# going by ferry with our dog



## tony_debs (Mar 5, 2009)

hi all,can i go to france by ferry and have my dog with me instead of having to leave him in a cage,i was thinking of going on as a walk on passenger and hubby drive the motorhome on his own,thanks deddie


----------



## Rapide561 (Oct 1, 2005)

*Dogs*

Hi

As far as I know, foot passengers may not take animals. Animals are to remain on the vehicle deck.

Russell

The only exception I am aware of is on the Ben My Chree vessel sailing to the Isle of Man where dogs are allowed "on board" in the true sense of the word.


----------



## peejay (May 10, 2005)

I don't think there is any way you can take a pet with you on board a UK - Continent ferry. The only option I'm aware of is to travel with Eurotunnel, then your pet can stay in the van with you.

Pete


----------



## LoueenCo (Oct 23, 2008)

tony_debs said:


> hi all,can i go to france by ferry and have my dog with me instead of having to leave him in a cage,i was thinking of going on as a walk on passenger and hubby drive the motorhome on his own,thanks deddie


Are you saying that you have your dog in a cage in your motorhome, if so you may have a reason why but we take the shortest route i.e.
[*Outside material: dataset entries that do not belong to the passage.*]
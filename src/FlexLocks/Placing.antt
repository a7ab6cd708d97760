-- ===== src/FlexLocks/Placing.antt =====
-- `updateWithInsert` of a key that no node has.
use mathlib.Core.Path.{subst}
use splaylist.Base.{
  ℕ, zero, suc, ◌≤◌, ◌<◌, ◌≡◌, ◌∙◌, refl, sym, ap, true, false, ◌||◌, ◌&&◌, not, arith, ◌==◌, ltb,
  leb, if◌then◌else◌, Bool-cases, inl, inr, ==→eq, ==→ne,
}
use splaylist.Base.Run.{
  Run, done, ◌>>=◌, Ensures, ensures, Ensures-bind, Ensures-bind_Returns, Ensures-mono,
}
use splaylist.FlexSeq.State.{FlexList, head, tail}
use splaylist.FlexSeq.View.{View, StandsFor, Follows, IsLinked}
use splaylist.FlexSeq.View.Search.{Between, key_shown}
use splaylist.FlexSeq.View.Steps.{
  Counted, set_hits-Counted, selfhits-Counted, zero_shown, highest_shown,
}
use splaylist.FlexSeq.View.Rising.{Same}
use splaylist.FlexSeq.View.Level.{Walking}
use splaylist.FlexSeq.View.Round.{Counted-refl}
use splaylist.FlexSeq.View.Updating.{Updated, Updated-Same, From, From-below, From-walked, at_start}
use splaylist.FlexSeq.Insertion.{extended}
use splaylist.FlexLocks.Shared.{LockList, on_list, release_lock}
use splaylist.FlexLocks.Walk.{Position}
use splaylist.FlexLocks.Update.{
  add_hit, count_above, release_other, insert, insert_levels, update_with_insert,
}
use splaylist.FlexLocks.Held.{Holds, AreFree, release_other_held, release_last, or_same}
use splaylist.FlexLocks.Branches.{plain}
use splaylist.FlexLocks.Rounds.{IsAbsent, end_held}
use splaylist.FlexLocks.Levels.{
  add_hit-StandsFor, start_update-Started, From-head, enter_level-Entered, along-Walks,
}
use splaylist.FlexLocks.Inserting.{insert-Updated}

count_above-Counted :
    (bottom key h cur : ℕ) (l : FlexList ℕ) → Counted l (count_above bottom key h cur l)
unfolding count_above add_hit
count_above-Counted bottom key h cur l = elim (Bool-cases ((l.nodes cur).key == key)) [
  | inl e ↦ rw e (selfhits-Counted cur _ l)
  | inr n ↦ rw n (elim (Bool-cases (h == bottom)) [
    | inl e ↦ rw e (Counted-refl l)
    | inr o ↦ rw o (set_hits-Counted cur h _ l)
  ])
]

-- The value `noValue`, with all locks free and one more node.
abbrev pub IsPlaced : View ℕ → ℕ → ℕ → ℕ × LockList → Type 0
IsPlaced v key value (x, s) = (x ≡ v.no_value) × AreFree s × Updated (extended v key value) s.list

extended-Same :
    (v w : View ℕ) (key value : ℕ) → Same v w → Same (extended v key value) (extended w key value)
extended-Same v w key value same = record {
  size = omega (arith, same.size);
  highest = same.highest;
  no_value = same.no_value;
  key = λ p.
      ap (λ n. if p == n then key else w.key p) same.size
      ∙ elim (Bool-cases (p == v.size)) [ inl e ↦ rw e refl | inr n ↦ rw n (same.key p) ];
  value = λ p.
      ap (λ n. if p == n then value else w.value p) same.size
      ∙ elim (Bool-cases (p == v.size)) [ inl e ↦ rw e refl | inr n ↦ rw n (same.value p) ];
}

IsPlaced-Same :
    (v w : View ℕ) (key value : ℕ) (r : ℕ × LockList)
    → Same v w
    → IsPlaced w key value r
    → IsPlaced v key value r
IsPlaced-Same v w key value (x, s) same (e, free, u) = (
  e ∙ same.no_value,
  free,
  Updated-Same (extended v key value) (extended w key value) s.list
      (extended-Same v w key value same) u,
)

absent_before :
    (v : View ℕ) (key p : ℕ) → IsAbsent v key → p < v.size → v.key p ≤ key → v.key p < key
absent_before v key p absent live le = omega (arith, absent p live)

-- The node goes in behind `pred` at the lowest level, and the last lock is given back.
insert-IsPlaced :
    (v : View ℕ) (key value h : ℕ) (p : Position)
    → Walking v key h (plain p)
    → IsAbsent v key
    → v.key head < key
    → key < v.key p.cur
    → h ≡ v.zero_level
    → Holds (λ j. (j == p.predpred) || (j == p.pred)) p.state
    → Ensures (IsPlaced v key value) (
        insert h key value p.pred p.predpred p.state >>= λ s'.
        done (s'.list.no_value, release_lock p.pred s'))
unfolding release_lock
insert-IsPlaced v key value h p w absent above past at held =
    let b : Between v key v.zero_level p.pred p.cur = record {
      live = w.live;
      before = absent_before v key p.pred absent w.live w.before;
      wide = omega (arith, w.wide);
      follows = subst (λ k. Follows v k p.pred p.cur) at w.follows;
    } in
    let inserts =
      insert-Updated v w.linked key value p.pred p.predpred p.cur p.state w.stands b past above
        w.below (omega (arith, w.zero)) w.pp_live w.pp_before (omega (arith, w.pp_wide))
        (omega (arith, w.pp_zero)) held in
    Ensures-bind
      (subst
        (λ k.
          Ensures (λ s'. Holds (λ j. j == p.pred) s' × Updated (extended v key value) s'.list)
            (insert k key value p.pred p.predpred p.state))
        (sym at) inserts)
      λ s' (held', u). ensures (
        ap (λ (x : View ℕ). x.no_value) u.stands.shown ∙ u.same.no_value,
        release_last p.pred s' held',
        record { after = u.after; same = u.same; linked = u.linked; stands = u.stands },
      )

IsAbsent-after : (v w : View ℕ) (key : ℕ) → Same v w → IsAbsent v key → IsAbsent w key
IsAbsent-after v w key same absent r live e =
    absent r (omega (arith, same.size)) (sym (same.key r) ∙ e)

-- The end of a level that has been walked along, with `rest` for the levels below it.
level_end-IsPlaced :
    (w : View ℕ) (key value h bottom : ℕ) (p : Position) (rest : LockList → Run (ℕ × LockList))
    → Walking w key h (plain p)
    → IsAbsent w key
    → w.key head < key
    → key < w.key p.cur
    → w.zero_level ≤ bottom
    → bottom ≤ h
    → Holds (λ j. (j == p.predpred) || (j == p.pred)) p.state
    → ((s : LockList)
        → StandsFor w s.list
        → Holds (λ j. j == p.pred) s
        → w.zero_level < h
        → Ensures (IsPlaced w key value) (rest s))
    → Ensures (IsPlaced w key value) (
        let s₂ = release_other p.predpred p.pred p.state in
        let s₃ = if h == bottom then on_list (add_hit p.pred h) s₂ else s₂ in
        if (h == bottom) && (p.state.list.zero_level == bottom) && not false
        then (insert h key value p.pred p.predpred p.state >>= λ s'.
            done (s'.list.no_value, release_lock p.pred s'))
        else rest s₃)
level_end-IsPlaced w key value h bottom p rest walking absent head_lt past sunk_to low held next =
    let z = zero_shown w p.state.list walking.stands in
    let held₂ = release_other_held p.predpred p.pred p.state held in
    let s₂ = release_other p.predpred p.pred p.state in
    elim (Bool-cases (h == bottom)) [
      | inl at ↦ elim (Bool-cases (p.state.list.zero_level == bottom)) [
        | inl still ↦
            rw (at, still)
              (insert-IsPlaced w key value h p walking absent head_lt past
                (omega (arith, ==→eq h bottom at, ==→eq p.state.list.zero_level bottom still)) held)
        | inr sank ↦
            rw (at, sank)
              (next (on_list (add_hit p.pred h) s₂)
                (add_hit-StandsFor w p.pred h s₂.list walking.stands) held₂
                (omega (arith, ==→ne p.state.list.zero_level bottom sank)))
      ]
      | inr higher ↦ rw higher (next s₂ walking.stands held₂ (omega (arith, ==→ne h bottom higher)))
    ]

insert_levels-IsPlaced :
    (n : ℕ) (v : View ℕ) (key value pred : ℕ) (s : LockList)
    → From v key n pred
    → StandsFor v s.list
    → Holds (λ j. j == pred) s
    → IsAbsent v key
    → v.key head < key
    → v.zero_level < n
    → Ensures (IsPlaced v key value) (insert_levels n key value pred s)
unfolding insert_levels
insert_levels-IsPlaced zero v key value pred s f st held absent head_lt deep = absurd (omega arith)
insert_levels-IsPlaced (suc h) v key value pred s f st held absent head_lt deep =
    let z = zero_shown v s.list st in
    let go : leb s.list.zero_level h ≡ true = ground arith in
    rw go (
      Ensures-bind_Returns (enter_level-Entered v key h pred s f st (omega arith) held)
        λ (cur, s₁) en.
          let z₁ = zero_shown v s₁.list en.stands in
          elim (Bool-cases (ltb key (s₁.list.nodes cur).key)) [
            | inl above ↦ rw above (elim (Bool-cases (h == s₁.list.zero_level)) [
              | inl at ↦ rw at (
                  insert-IsPlaced v key value h
                    (record { ok = false; predpred = pred; pred = pred; cur = cur; state = s₁ })
                    (at_start v key h pred cur s₁.list f en.stands (omega arith) en.follows en.zero)
                    absent head_lt (ground (arith, key_shown v s₁.list cur en.stands))
                    (==→eq h s₁.list.zero_level at ∙ z₁)
                    (λ j. en.held j ∙ sym (or_same (j == pred))))
              | inr higher ↦ rw higher (
                  insert_levels-IsPlaced h v key value pred (on_list (add_hit pred h) s₁)
                    (From-below v key h pred f) (add_hit-StandsFor v pred h s₁.list en.stands)
                    en.held absent head_lt (omega (arith, ==→ne h s₁.list.zero_level higher)))
            ])
            | inr along ↦ rw along (
                Ensures-bind
                  (along-Walks (count_above s₁.list.zero_level)
                    (count_above-Counted s₁.list.zero_level) v key h pred cur s₁ f (omega arith) en
                    along)
                  λ p (held', e, kept). rw (kept absent) (
                    Ensures-mono
                      (level_end-IsPlaced e.after key value h s₁.list.zero_level p _ e.walking
                        (IsAbsent-after v e.after key e.same absent)
                        (omega (arith, e.same.key head)) e.passed (omega (arith, e.sinks))
                        (omega arith)
                        (end_held (count_above s₁.list.zero_level)
                          (count_above-Counted s₁.list.zero_level) v key h false p (held', e, kept))
                        λ s' st' held₂ deeper.
                          insert_levels-IsPlaced h e.after key value p.pred s'
                            (From-walked e.after key h (plain p) e.walking) st' held₂
                            (IsAbsent-after v e.after key e.same absent)
                            (omega (arith, e.same.key head)) deeper)
                      λ r placed. IsPlaced-Same v e.after key value r e.same placed))
          ])

-- On a list that stands for a linked view, with all locks free, `updateWithInsert` of a key between those
-- of `head` and `tail` that no node has returns `noValue` with all locks free, and the list has one more
-- node, with the key and the value. It stands for a linked view again. The only other end is that the
-- list would need a level below 0; `assert(0)` is not reached.
pub update_with_insert-IsPlaced :
    (v : View ℕ) (key value : ℕ) (s : LockList)
    → IsLinked v
    → StandsFor v s.list
    → AreFree s
    → IsAbsent v key
    → v.key head < key
    → key < v.key tail
    → Ensures (IsPlaced v key value) (update_with_insert key value s)
unfolding update_with_insert
update_with_insert-IsPlaced v key value s linked st free absent above below =
    Ensures-bind_Returns (start_update-Started v s st free) λ s₁ (st₁, held).
      let top = highest_shown v s₁.list st₁ in
      insert_levels-IsPlaced s₁.list.highest v key value head s₁
        (From-head v key s₁ linked st₁ (omega (arith, above)) below) st₁ held absent above
        (omega (arith, linked.shallow))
Dover Calais and she just has a nap on a seat or in her bed.


----------



## Vennwood (Feb 4, 2007)

tony_debs said:


> hi all,can i go to france by ferry and have my dog with me instead of having to leave him in a cage,i was thinking of going on as a walk on passenger and hubby drive the motorhome on his own,thanks deddie


The dog does not go in a cage - which is what I think you are meaning - right
When you go on a ferry to Calais from Dover or any of the short sea crossings the dog stays in the MH and you go up on deck or to the lounge.


----------



## tony_debs (Mar 5, 2009)

no sorry,we dont put our dog in a cage,but we have been told that if we go by ferry we have to put our dog in a cage on the ship(that is something we do not want to do) also i cannot stay with her in the mh


----------



## LoueenCo (Oct 23, 2008)

As said previously the only way that you can stay with your dog is by using the tunnel, apart from that the shortest is of course Dover Calais at around 1 hr 20 min or so.

Mike


----------



## Annsman (Nov 8, 2007)

If you go on one of the ferries direct from the UK to Spain I think the dog has to go in a pen on the ship, but for short haul ferries the dog stays in the van, but not you!

The main thing to sort out is the pet passport is upto date and all the required stamps are in it. That is where the problems will start with the trip, if you don't


----------



## MrColt (Mar 15, 2009)

Use the eurotunnel it is so quick and easy and you can stay all together. We do it with our three dogs its great


----------